De acordo com o oftalmologista do Instituto Penido Burnier, Leôncio Queiroz Neto, perito em medicina do tráfego e membro da ABRAMET (Associação Brasileira de Medicina do Tráfego)

Nem é preciso dizer que os portadores de alguma deficiência na visão de cores, conhecida como daltonismo ou discromatopsia, passam por este teste associando a posição da luz à cor.  Portanto, a estimativa é de que a resolução favoreça a inclusão de cerca de 8,5 milhões de brasileiros que são daltônicos, na proporção de 20 homens para cada mulher.  No entanto, o especialista afirma que geralmente a disfunção é hereditária e resulta de uma alteração congênita nos cones. Ou seja, células da retina responsáveis pela visão de cores. Além disso, pode também ser adquirido  na idade adulta pelo uso de alguns medicamentos ou exposição a substâncias químicas como solventes e anilina.

Estudos mostram que 75% têm dificuldade de enxergar a cor verde (deuteranopia). Assim como 24% a cor vermelha (protanopia) e só 1% a cor azul (tritanopia).

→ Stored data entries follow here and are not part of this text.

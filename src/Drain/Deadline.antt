-- ===== src/Drain/Deadline.antt =====
-- The deadline, and the timer of the window.
use php_fpm_ng.Base.{
  ℕ, ◌+◌, ◌-◌, ◌*◌, ◌≤◌, ◌<◌, ◌≡◌, refl, true, false, ◌&&◌, ◌||◌, ◌⊎◌, inl, inr, some, arith,
  Bool-cases, ltb_cases,
}
use php_fpm_ng.CrashBackoff.Time.{Timeval, micros, IsNormal, earlier, earlier-lt, timersub-micros}
use php_fpm_ng.Drain.{
  Gateway, grace_ms, deadline_at, remaining_ms, Env, wait_of, drain_soft_start, sigquit,
}

pub deadline_at-micros :
    (timeout : ℕ) (now : Timeval)
    → IsNormal now
    → (micros (deadline_at timeout now) ≡ micros now + grace_ms timeout * 1000)
      × IsNormal (deadline_at timeout now)
unfolding deadline_at
deadline_at-micros timeout now n = (ground arith, ground arith)

not_earlier :
    (a now : Timeval) → IsNormal a → IsNormal now → earlier now a ≡ false → micros a ≤ micros now
unfolding earlier
not_earlier a now d n x = ground arith

remaining_ms-micros :
    (deadline now : Timeval)
    → IsNormal deadline
    → IsNormal now
    → (micros now + remaining_ms deadline now * 1000 ≤ micros now + (micros deadline - micros now))
      × (micros deadline < micros now + remaining_ms deadline now * 1000 + 1000)
unfolding remaining_ms
remaining_ms-micros deadline now d n = elim (Bool-cases (earlier now deadline)) [
  | inl y ↦
      let l = (earlier-lt now deadline n d).0 y in
      let m = timersub-micros deadline now d n (omega arith) in
      rw y (omega (arith, m, l), omega (arith, m, l))
  | inr x ↦ let l = not_earlier deadline now d n x in rw x (omega (arith, l), omega (arith, l))
]

-- While the gateway serves, SIGUSR1 leaves the listeners as they are and arms a timer, which fires
-- no later than the grace after the signal, or at once if that time is over, and less than a
-- millisecond before its end; until then SIGQUIT changes nothing.
pub drain_soft_start-window :
    (env hard quit : Env) (gw : Gateway)
    → IsNormal env.now
    → IsNormal env.later
    → micros env.now ≤ micros env.later
    → (gw.stopping || gw.soft_draining) ≡ false
    → (env.made && env.added) ≡ true
    → (wait : Timeval) × (drain_soft_start env hard gw ≡ record gw {
      soft_draining = true;
      drain_deadline = deadline_at env.timeout env.now;
      soft_timer = some wait;
    })
      × ((micros env.later + micros wait ≤ micros env.now + grace_ms env.timeout * 1000)
          ⊎ (micros wait ≡ 0))
      × (micros env.now + grace_ms env.timeout * 1000 < micros env.later + micros wait + 1000)
      × (sigquit quit (drain_soft_start env hard gw) ≡ drain_soft_start env hard gw)
unfolding drain_soft_start sigquit
drain_soft_start-window env hard quit gw n m l s t =
    let deadline = deadline_at env.timeout env.now in
    let (e, d) = deadline_at-micros env.timeout env.now n in
    let left = remaining_ms deadline env.later in
    let (a, b) = remaining_ms-micros deadline env.later d m in
    let w : micros (wait_of left) ≡ left * 1000 = omega arith in
    let c : gw.stopping ≡ false = ground arith in
    (
      wait_of left,
      rw (s, t) refl,
      elim (ltb_cases (micros deadline) (micros env.later)) [
        | inl (f, g) ↦ inr (omega (arith, a, w, g))
        | inr (f, g) ↦ inl (omega (arith, a, e, w, g))
      ],
      omega (arith, e, b, w),
      rw (s, t, c) refl,
    )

Mais rara ainda é a acromatopsia, visão em branco e preto, que atinge 1 em cada 20 mil daltônicos.

Lente filtrante melhora a visão de cor

Queiroz Neto afirma que a padronização faz com que os semáforos se tornem um obstáculo de fácil administração por quem tem deficiência da visão de cores. A dificuldade é maior com os semáforos de led que emitem luz mais intensa. Isso porque, explica,  um desconforto visual  comum de quem tem a deficiência é o ofuscamento, principalmente durante a noite. Em suma, a dica para driblar o problema é usar óculos com filtro amarelo durante a noite e âmbar durante o dia.

O especialista observa que em portadores de acromatopsia (visão em branco e preto) estudos mostram que o uso de lente de contato gelatinosa marrom com pupila âmbar é o mais indicado para melhorar a visão de cores. Nas demais discromatopsias o médico afirma que  as lentes com  filtro na mesma tonalidade que o daltônico tem dificuldade de enxergar facilita a discriminação da cor. Em todos os casos, lentes de contato com filtro diminuem a visão de contraste e a acuidade visual. Independente da cor, devem ser evitadas por pessoas que têm doenças na córnea e em situações de baixa luminosidade.

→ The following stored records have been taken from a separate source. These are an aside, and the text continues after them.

-- ===== src/Drain/Moves.antt =====
-- A gateway over time.
use php_fpm_ng.Base.{ℕ, ◌≡◌, Bool, true, Option, none, some}
use php_fpm_ng.CrashBackoff.Time.{Timeval}
use php_fpm_ng.Drain.{
  Listener, Gateway, Env, drain_start, drain_soft_start, drain_ticks, sigquit, accept_error, resume,
  gate, accepting, tls_listener_hook,
}

-- One handler: a signal, a timer that is armed, an open listener that fails, or a new certificate.
pub data Step : Gateway → Gateway → Type 0 where
  quits : (env : Env) (gw : Gateway) → Step gw (sigquit env gw)
  softens : (env hard : Env) (gw : Gateway) → Step gw (drain_soft_start env hard gw)
  window_ends :
      (env : Env) (wait : Timeval) (gw : Gateway)
      → gw.soft_timer ≡ some wait
      → Step gw (drain_start env gw)
  ticks :
      (busy : ℕ) (now : Timeval) (gw : Gateway)
      → gw.drain_tick ≡ true
      → Step gw (drain_ticks busy now gw)
  tls_fails :
      (added : Bool) (now : ℕ) (l : Listener) (gw : Gateway)
      → gw.tls_bound ≡ some l
      → l.enabled ≡ true
      → Step gw (record gw { tls_bound = some (accept_error added now l) })
  plain_fails :
      (added : Bool) (now : ℕ) (l : Listener) (gw : Gateway)
      → gw.plain_bound ≡ some l
      → l.enabled ≡ true
      → Step gw (record gw { plain_bound = some (accept_error added now l) })
  tls_resumes :
      (conns : Option Bool) (l : Listener) (gw : Gateway)
      → gw.tls_bound ≡ some l
      → l.pending ≡ true
      → Step gw (record gw { tls_bound = some (resume (accepting conns gw) l) })
  plain_resumes :
      (conns : Option Bool) (l : Listener) (gw : Gateway)
      → gw.plain_bound ≡ some l
      → l.pending ≡ true
      → Step gw (record gw { plain_bound = some (resume (accepting conns gw) l) })
  gates : (conns : Option Bool) (gw : Gateway) → Step gw (gate conns gw)
  opens :
      (conns : Option Bool) (opened installed : Bool) (gw : Gateway)
      → gw.tls_bound ≡ none
      → Step gw (tls_listener_hook conns opened installed gw)

pub data Steps : Gateway → Gateway → Type 0 where
  stay : (gw : Gateway) → Steps gw gw
  then_steps : {a b c : Gateway} → Step a b → Steps b c → Steps a c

Pode parecer contraditório, mas o especialista diz que o daltonismo facilita a discriminação de tons da mesma cor. Portanto, pode aumentar a velocidade do reflexo do motorista em algumas situações. Por outro lado, a deficiência mistura o vermelho e o verde. Isso diminui  a visão de profundidade e pode facilitar os acidentes.

Aviação adota novo método

Algumas empresas aéreas estão adotando um novo teste de visão de cores, o CAD (Color Assessment & Diagnosis). Segundo Queiroz Neto, recentemente atendeu um piloto que passou por este teste em um processo de seleção. O especialista afirma que o CAD além de detectar o daltonismo, indica o grau de severidade da deficiência. Significa que vai muito além do teste de Ishihara. Ou seja, o texte que se limita a determinar se uma pessoa é daltônica ou não. “Pesquisa publicada pela CAA (Civil Aviation Authority), órgão regulador da aviação no Reino Unido semelhante à ANAAC no Brasil, mostra que até 35% de deficiência na visão de cores é aceitável na aviação”. Afirma. A CAA também sugere que o CAD seja adotado internacionalmente. Resumindo, para padronizar o teste de visão de cores no setor. Para Queiroz Neto este processo já foi iniciado e garante mais segurança aos passageiros.

Ou seja, teste da visão de cores ganha flexibilidade para motoristas e mais precisão entre pilotos.